China’s economy grew at its slowest rate since 1990, stoking fears about the impact on the global economy.
China expanded at 6.6% in 2018, official figures out Monday showed.
In the three months to December, the economy grew 6.4% from a year earlier, down from 6.5% in the previous quarter.
The data was in line with forecasts but underlines recent concern about weakening growth in the world’s second-biggest economy.
China’s rate of expansion has raised worries about the potential knock-on effect on the global economy. The trade war with the US has added to the gloomy outlook.
The official figures out Monday showed the weakest quarterly growth rate since the global financial crisis.

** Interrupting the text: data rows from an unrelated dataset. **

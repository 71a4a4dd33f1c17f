-- ===== src/Address/Settings/Plain.antt =====
-- Settings and UUIDs hold no character that ends a part of a URL.
use qproto.Common.{
  ℕ, ◌+◌, ◌<◌, ◌^◌, ◌/◌, ◌%◌, ◌≡◌, refl, arith, false, List, [], ◌∷◌, ◌++◌, map, Bool-cases, inl,
  inr,
}
use qproto.Strings.{codes, is_in}
use qproto.Strings.Tokens.{IsPlain, IsPlain-append, IsPlain-of_word, join}
use qproto.Strings.Numbers.{print, print-IsWord}
use qproto.Address.{dash_before}
use qproto.Address.Uuid.{hex, print_from, AllBytes}
use qproto.Address.Types.{AddressOptions, System}
use qproto.Address.Settings.Printed.{print_settings}
use qproto.Address.Settings.Allowed.{
  Setting, rx, tx, streams, cert, key, name, value, print_setting, apply, IsAllowed, AllAllowed,
  join-IsPlain,
}

-- Paths that hold none of some delimiters.
abbrev pub HasPlainPath : List ℕ → Setting → Type 0
HasPlainPath delims (cert p) = IsPlain delims p
HasPlainPath delims (key p) = IsPlain delims p
HasPlainPath delims _ = Unit

abbrev pub AllPlainPaths : List ℕ → List Setting → Type 0
AllPlainPaths delims [] = Unit
AllPlainPaths delims (s ∷ ss) = HasPlainPath delims s × AllPlainPaths delims ss

-- Delimiters of the parts of a URL that no other character of settings and UUIDs is.
abbrev pub slash_at : List ℕ
slash_at = codes "/@"

print-IsPlain : (n : ℕ) → n < 2 ^ 64 → IsPlain slash_at (print n)
print-IsPlain n h =
    IsPlain-of_word slash_at (print n) (print-IsWord slash_at n (λ d lt. ground arith) h)

print_setting-IsPlain :
    (sys : System) (opts : AddressOptions) (s : Setting)
    → IsAllowed sys opts s
    → HasPlainPath slash_at s
    → IsPlain slash_at (print_setting s)
print_setting-IsPlain sys opts s h p =
    IsPlain-append slash_at (name s) (b'=' ∷ value s) (names s) (refl, values s h p)
  where
    names : (t : Setting) → IsPlain slash_at (name t)
    names (rx n) = search (tt)
    names (tx n) = search (tt)
    names (streams v vs) = search (tt)
    names (cert q) = search (tt)
    names (key q) = search (tt)

    values :
        (t : Setting) → IsAllowed sys opts t → HasPlainPath slash_at t → IsPlain slash_at (value t)
    values (rx n) lt q = print-IsPlain n (omega arith)
    values (tx n) lt q = print-IsPlain n (omega arith)
    values (streams v vs) (m, z, a, l) q =
        join-IsPlain slash_at (v ∷ vs) (λ d lt. ground arith) refl a
    values (cert r) w q = q
    values (key r) w q = q

join-settings-IsPlain :
    (sys : System) (opts : AddressOptions) (ss : List Setting)
    → AllAllowed sys opts ss
    → AllPlainPaths slash_at ss
    → IsPlain slash_at (join b'&' (map print_setting ss))
join-settings-IsPlain sys opts [] h p = tt
join-settings-IsPlain sys opts (s ∷ []) (h, hs) (p, ps) = print_setting-IsPlain sys opts s h p
join-settings-IsPlain sys opts (s ∷ t ∷ ss) (h, hs) (p, ps) =
    IsPlain-append slash_at (print_setting s) (b'&' ∷ join b'&' (map print_setting (t ∷ ss)))
      (print_setting-IsPlain sys opts s h p)
      (refl, join-settings-IsPlain sys (apply opts s) (t ∷ ss) hs ps)

print_from-IsPlain :
    (i : ℕ) (bytes : List ℕ) → AllBytes bytes → IsPlain slash_at (print_from i bytes)
print_from-IsPlain i [] a = tt
print_from-IsPlain i (b ∷ bs) (h, a) =
    let high : is_in slash_at (hex (b / 16)) ≡ false = ground arith in
    let low : is_in slash_at (hex (b % 16)) ≡ false = ground arith in
    elim (Bool-cases (dash_before i)) [
      | inl dash ↦ rw dash (refl, (high, (low, print_from-IsPlain (i + 1) bs a)))
      | inr plain ↦ rw plain (high, (low, print_from-IsPlain (i + 1) bs a))
    ]

-- What stands behind the slash of a URL is one word.
pub settings-IsPlain :
    (sys : System) (opts : AddressOptions) (bytes : List ℕ) (ss : List Setting)
    → AllBytes bytes
    → AllAllowed sys opts ss
    → AllPlainPaths slash_at ss
    → IsPlain slash_at (print_from 0 bytes ++ print_settings ss)
settings-IsPlain sys opts bytes ss a h p =
    IsPlain-append slash_at (print_from 0 bytes) (print_settings ss) (print_from-IsPlain 0 bytes a)
      (refl, join-settings-IsPlain sys opts ss h p)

While China watchers advise caution with Beijing’s official GDP numbers, the data is seen as a useful indicator of the country’s growth trajectory.

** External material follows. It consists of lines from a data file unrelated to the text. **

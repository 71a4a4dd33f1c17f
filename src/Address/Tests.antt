-- ===== src/Address/Tests.antt =====
-- UUIDs at concrete inputs.
use qproto.Common.{ℕ, ◌≡◌, refl, arith, List, [], ◌∷◌, ok, err, einval, replicate}
use qproto.Address.{parse_pair, skip_dash, avt_parse_uuid, avt_addr_4to6}
use qproto.Address.Uuid.{print_from, AllBytes, avt_parse_uuid-print_from}

abbrev bytes : List ℕ
bytes = 18 ∷ 52 ∷ 86 ∷ 120 ∷ 154 ∷ 188 ∷ 222 ∷ 240 ∷ 0 ∷ 255 ∷ 1 ∷ 2 ∷ 3 ∷ 4 ∷ 5 ∷ 6 ∷ []

bytes-AllBytes : AllBytes bytes
bytes-AllBytes = search (arith) depth 40

avt_parse_uuid-print_from_example : avt_parse_uuid (print_from 0 bytes) ≡ ok bytes
avt_parse_uuid-print_from_example = avt_parse_uuid-print_from bytes refl bytes-AllBytes

-- A string of another length, and one that has no digit where it should.
refused : (avt_parse_uuid (48 ∷ []) ≡ err einval) × (avt_parse_uuid (replicate 36 45) ≡ err einval)
unfolding avt_parse_uuid parse_pair skip_dash
refused = (refl, refl)

localhost :
    avt_addr_4to6 16777343
    ≡ 0 ∷ 0 ∷ 0 ∷ 0 ∷ 0 ∷ 0 ∷ 0 ∷ 0 ∷ 0 ∷ 0 ∷ 255 ∷ 255 ∷ 127 ∷ 0 ∷ 0 ∷ 1 ∷ []
unfolding avt_addr_4to6
localhost = refl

Analysis: Wider implications?
China’s economic slowdown is not news in itself. Beijing has broadcast this for several years, that it’s going to focus on the quality not quantity of growth.
But still, we should be worried.
Slower growth in China means slower growth for the rest of the world.
It accounts for one-third of global growth. Jobs, exports, commodity producing nations – we all depend on China to buy stuff from us.
Slower growth in China also means it is harder for China to address its mountain of debt, even with the Communist Party’s undoubted ability to be able to support the economy.
Growth has been easing for years, but concern over the pace of the slowdown in China has risen in recent months as companies sound the alarm over the crucial market.
Earlier this month Apple warned weakness in China would hit its sales.
Carmakers and other firms have spoken out on the impact of the trade war with the US.
China’s government has been pushing to shift away from export-led growth to depend more on domestic consumption.
Policymakers in China have stepped up efforts in recent months to support the economy.
Those measures to boost demand include speeding-up construction projects, cutting some taxes, and reducing the level of reserves banks need to hold.
Capital Economics China economist Julian Evans-Pritchard said the Chinese economy remained weak at the end of 2018 “but held up better than many feared”.
“Still, with the headwinds from cooling global growth and the lagged impact of slower credit growth set to intensify… China’s economy is likely to weaken further before growth stabilises in the second half of the year.”